Source information:
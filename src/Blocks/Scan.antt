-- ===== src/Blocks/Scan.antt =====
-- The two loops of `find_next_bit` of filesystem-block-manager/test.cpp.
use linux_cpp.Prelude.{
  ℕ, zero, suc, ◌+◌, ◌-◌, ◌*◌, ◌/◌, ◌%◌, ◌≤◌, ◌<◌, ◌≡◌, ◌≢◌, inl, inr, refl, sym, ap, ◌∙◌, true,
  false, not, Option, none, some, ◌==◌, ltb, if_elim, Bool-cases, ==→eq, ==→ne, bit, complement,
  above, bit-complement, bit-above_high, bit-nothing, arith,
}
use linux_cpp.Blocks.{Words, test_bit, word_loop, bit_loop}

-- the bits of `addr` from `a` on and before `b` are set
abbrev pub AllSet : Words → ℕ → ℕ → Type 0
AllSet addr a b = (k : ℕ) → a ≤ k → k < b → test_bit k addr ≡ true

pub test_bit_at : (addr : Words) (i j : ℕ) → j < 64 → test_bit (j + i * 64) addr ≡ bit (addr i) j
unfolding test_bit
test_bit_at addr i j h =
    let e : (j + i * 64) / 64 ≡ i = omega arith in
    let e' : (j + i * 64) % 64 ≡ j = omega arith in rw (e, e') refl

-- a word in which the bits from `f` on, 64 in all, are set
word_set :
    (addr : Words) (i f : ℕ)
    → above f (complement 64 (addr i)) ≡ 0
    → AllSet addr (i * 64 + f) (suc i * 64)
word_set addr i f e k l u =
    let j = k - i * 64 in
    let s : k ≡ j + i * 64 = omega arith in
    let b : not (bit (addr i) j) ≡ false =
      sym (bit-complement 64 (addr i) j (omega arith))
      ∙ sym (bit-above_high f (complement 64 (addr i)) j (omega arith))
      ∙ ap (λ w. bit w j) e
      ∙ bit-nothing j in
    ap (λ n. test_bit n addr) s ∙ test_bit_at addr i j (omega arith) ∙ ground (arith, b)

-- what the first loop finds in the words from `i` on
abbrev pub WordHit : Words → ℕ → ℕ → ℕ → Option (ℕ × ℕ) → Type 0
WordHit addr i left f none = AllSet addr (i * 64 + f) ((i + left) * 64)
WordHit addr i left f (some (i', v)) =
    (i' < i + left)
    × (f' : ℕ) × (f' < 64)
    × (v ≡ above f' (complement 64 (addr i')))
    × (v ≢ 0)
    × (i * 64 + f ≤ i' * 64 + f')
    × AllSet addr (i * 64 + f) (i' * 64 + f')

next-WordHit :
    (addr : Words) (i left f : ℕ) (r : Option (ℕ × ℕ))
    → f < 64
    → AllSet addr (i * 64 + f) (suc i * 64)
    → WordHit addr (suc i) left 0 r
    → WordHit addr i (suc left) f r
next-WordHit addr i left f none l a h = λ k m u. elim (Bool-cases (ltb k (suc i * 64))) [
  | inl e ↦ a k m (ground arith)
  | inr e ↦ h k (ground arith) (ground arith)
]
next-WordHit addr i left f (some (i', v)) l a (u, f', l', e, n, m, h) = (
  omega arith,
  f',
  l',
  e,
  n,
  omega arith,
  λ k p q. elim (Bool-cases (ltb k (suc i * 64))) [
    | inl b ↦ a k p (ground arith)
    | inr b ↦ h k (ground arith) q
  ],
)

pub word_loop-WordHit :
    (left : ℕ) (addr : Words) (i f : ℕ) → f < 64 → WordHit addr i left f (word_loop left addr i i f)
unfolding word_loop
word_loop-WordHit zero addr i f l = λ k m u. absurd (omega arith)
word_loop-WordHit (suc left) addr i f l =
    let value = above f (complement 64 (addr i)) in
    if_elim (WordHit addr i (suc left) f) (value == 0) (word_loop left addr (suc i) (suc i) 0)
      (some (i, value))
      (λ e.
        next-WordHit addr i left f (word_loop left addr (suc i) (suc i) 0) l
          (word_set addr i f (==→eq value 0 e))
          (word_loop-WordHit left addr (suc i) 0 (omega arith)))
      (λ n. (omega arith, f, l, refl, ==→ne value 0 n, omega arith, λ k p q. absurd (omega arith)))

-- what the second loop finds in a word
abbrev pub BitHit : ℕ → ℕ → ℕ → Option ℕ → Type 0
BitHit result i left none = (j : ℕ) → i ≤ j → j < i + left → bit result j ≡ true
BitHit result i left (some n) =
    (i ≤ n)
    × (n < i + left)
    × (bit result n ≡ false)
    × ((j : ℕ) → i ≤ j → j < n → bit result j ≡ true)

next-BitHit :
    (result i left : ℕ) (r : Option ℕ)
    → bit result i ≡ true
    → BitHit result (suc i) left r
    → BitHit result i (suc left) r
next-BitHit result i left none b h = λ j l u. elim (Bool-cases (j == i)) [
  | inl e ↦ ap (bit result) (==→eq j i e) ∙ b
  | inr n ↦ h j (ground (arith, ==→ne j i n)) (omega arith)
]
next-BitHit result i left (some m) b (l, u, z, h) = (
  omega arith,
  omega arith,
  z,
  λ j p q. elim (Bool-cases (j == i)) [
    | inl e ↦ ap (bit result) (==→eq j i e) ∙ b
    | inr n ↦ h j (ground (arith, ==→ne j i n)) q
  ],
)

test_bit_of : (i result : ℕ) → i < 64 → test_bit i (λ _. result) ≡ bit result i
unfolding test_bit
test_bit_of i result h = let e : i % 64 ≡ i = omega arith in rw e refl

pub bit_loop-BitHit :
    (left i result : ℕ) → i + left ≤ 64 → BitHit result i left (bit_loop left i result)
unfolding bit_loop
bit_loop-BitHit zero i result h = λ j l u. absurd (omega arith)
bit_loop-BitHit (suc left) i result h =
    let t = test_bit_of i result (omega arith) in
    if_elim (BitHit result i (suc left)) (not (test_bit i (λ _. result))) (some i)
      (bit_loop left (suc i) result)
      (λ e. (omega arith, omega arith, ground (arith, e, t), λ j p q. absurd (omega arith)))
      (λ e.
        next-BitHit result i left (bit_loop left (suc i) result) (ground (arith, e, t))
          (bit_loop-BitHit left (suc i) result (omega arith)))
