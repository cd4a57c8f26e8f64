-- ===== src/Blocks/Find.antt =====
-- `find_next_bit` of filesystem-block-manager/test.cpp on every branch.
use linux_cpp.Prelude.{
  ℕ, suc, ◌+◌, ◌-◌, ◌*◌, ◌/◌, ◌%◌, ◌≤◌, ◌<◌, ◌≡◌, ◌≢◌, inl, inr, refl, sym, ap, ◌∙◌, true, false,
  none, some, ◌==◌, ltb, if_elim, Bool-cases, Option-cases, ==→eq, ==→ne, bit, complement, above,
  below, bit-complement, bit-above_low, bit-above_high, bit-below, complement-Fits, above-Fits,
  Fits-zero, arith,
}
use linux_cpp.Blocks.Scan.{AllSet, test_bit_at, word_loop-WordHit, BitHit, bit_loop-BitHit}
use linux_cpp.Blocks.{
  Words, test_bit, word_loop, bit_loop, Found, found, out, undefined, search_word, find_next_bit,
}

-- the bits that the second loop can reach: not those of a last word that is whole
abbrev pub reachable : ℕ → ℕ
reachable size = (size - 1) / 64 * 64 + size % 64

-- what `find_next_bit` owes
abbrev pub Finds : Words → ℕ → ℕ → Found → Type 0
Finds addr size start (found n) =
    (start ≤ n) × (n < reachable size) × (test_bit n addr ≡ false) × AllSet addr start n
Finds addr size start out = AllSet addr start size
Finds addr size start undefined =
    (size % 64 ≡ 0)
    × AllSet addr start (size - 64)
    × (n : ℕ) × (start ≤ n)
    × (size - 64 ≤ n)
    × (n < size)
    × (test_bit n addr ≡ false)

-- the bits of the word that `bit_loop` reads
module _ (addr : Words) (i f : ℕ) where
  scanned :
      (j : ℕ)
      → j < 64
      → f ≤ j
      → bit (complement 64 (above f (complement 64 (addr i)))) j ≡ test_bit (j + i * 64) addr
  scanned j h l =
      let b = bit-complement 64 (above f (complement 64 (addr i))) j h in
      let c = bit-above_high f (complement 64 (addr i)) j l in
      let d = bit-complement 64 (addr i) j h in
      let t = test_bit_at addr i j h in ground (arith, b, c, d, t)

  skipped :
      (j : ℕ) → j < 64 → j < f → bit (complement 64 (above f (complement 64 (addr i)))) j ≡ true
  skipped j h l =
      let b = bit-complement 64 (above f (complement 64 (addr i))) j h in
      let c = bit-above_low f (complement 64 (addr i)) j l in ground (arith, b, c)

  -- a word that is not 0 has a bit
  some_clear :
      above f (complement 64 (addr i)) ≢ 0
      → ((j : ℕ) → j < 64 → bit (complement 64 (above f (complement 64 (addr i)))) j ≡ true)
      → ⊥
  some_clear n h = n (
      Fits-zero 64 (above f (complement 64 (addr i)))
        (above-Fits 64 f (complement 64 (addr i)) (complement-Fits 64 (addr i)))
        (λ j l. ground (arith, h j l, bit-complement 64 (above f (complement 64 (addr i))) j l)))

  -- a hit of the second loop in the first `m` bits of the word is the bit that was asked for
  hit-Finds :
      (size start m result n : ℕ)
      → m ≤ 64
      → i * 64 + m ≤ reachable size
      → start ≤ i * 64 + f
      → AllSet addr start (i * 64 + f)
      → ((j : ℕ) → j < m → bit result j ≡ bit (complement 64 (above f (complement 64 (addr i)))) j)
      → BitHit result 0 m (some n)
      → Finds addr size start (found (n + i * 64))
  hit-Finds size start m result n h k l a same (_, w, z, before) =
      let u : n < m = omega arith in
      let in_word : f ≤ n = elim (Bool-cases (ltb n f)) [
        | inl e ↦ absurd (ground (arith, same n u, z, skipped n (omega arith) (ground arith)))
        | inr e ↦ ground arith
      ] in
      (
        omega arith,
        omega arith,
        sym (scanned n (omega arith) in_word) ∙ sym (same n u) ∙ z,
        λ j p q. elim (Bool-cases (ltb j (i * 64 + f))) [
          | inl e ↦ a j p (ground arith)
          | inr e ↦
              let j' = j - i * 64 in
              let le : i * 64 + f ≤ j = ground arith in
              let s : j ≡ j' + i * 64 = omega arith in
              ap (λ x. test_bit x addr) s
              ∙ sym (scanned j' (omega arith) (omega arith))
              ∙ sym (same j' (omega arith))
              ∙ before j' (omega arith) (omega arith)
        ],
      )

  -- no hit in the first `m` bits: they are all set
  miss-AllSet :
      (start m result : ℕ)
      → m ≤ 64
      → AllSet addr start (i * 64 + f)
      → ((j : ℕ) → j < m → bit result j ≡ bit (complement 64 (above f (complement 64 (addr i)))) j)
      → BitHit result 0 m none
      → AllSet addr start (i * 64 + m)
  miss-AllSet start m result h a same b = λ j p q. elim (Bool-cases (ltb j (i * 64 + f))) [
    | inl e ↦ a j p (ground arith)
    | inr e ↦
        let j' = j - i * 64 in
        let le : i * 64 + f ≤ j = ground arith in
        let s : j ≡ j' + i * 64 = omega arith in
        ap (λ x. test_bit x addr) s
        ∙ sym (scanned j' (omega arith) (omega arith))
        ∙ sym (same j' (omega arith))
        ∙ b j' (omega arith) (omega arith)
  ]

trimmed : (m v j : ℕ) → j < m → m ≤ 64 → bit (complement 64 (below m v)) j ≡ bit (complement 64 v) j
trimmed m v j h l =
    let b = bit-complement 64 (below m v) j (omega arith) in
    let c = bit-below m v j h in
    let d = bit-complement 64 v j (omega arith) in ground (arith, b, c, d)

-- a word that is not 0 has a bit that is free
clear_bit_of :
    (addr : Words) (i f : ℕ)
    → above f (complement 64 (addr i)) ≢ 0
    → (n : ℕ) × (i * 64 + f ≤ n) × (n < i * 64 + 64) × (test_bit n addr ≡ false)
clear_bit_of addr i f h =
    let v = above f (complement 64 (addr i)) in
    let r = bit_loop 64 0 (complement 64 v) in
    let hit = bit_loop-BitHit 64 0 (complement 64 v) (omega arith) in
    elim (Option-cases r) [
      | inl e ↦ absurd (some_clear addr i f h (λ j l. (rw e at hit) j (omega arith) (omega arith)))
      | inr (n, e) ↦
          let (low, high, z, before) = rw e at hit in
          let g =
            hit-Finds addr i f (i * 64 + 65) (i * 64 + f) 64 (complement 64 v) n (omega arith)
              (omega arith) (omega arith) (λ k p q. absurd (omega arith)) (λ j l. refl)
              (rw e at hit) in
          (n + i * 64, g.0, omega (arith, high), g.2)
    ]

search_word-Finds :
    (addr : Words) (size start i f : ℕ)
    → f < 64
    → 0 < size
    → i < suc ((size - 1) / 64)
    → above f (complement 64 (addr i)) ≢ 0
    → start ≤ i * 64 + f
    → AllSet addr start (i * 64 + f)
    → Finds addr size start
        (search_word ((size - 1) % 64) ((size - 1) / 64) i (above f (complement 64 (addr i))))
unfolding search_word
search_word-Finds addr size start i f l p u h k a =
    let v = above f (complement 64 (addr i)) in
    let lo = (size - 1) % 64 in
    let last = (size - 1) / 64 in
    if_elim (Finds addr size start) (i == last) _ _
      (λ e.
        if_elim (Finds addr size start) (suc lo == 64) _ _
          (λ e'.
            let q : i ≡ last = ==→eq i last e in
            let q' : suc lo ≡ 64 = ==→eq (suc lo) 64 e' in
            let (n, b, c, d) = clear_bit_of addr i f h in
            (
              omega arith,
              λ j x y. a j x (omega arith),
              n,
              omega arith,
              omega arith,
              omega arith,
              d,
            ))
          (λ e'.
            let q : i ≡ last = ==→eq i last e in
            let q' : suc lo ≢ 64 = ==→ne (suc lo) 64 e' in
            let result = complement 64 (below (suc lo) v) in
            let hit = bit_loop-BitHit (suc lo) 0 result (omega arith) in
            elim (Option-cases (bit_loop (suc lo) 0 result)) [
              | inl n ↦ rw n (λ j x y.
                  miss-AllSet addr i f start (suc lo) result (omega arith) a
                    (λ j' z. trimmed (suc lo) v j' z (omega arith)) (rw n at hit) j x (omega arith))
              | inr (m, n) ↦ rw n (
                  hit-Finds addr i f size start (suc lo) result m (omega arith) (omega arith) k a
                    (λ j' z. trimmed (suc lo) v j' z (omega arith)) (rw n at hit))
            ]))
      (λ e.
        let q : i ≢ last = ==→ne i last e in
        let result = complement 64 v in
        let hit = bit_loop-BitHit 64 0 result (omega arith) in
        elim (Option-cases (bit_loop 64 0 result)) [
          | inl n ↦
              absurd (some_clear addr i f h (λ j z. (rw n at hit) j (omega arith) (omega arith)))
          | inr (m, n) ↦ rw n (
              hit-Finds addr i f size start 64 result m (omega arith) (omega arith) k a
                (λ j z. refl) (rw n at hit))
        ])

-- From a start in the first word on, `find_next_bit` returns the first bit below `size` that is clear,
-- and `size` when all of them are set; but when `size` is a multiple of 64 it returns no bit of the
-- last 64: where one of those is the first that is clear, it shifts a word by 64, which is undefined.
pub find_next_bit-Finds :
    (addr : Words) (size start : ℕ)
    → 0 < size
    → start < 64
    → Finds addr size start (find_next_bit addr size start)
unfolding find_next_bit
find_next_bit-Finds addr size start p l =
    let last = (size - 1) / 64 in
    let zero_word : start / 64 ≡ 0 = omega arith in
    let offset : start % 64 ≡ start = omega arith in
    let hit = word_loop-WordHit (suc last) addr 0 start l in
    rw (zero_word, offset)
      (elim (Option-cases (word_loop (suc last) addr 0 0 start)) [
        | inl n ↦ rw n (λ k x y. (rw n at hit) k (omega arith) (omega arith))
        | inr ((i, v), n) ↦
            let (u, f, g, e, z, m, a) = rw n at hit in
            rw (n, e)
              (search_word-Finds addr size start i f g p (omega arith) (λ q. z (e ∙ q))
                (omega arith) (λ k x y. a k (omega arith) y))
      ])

Task to complete:
Give the number of lines in the data that include the string "value", please, and nothing else.

Response to this exercise:
5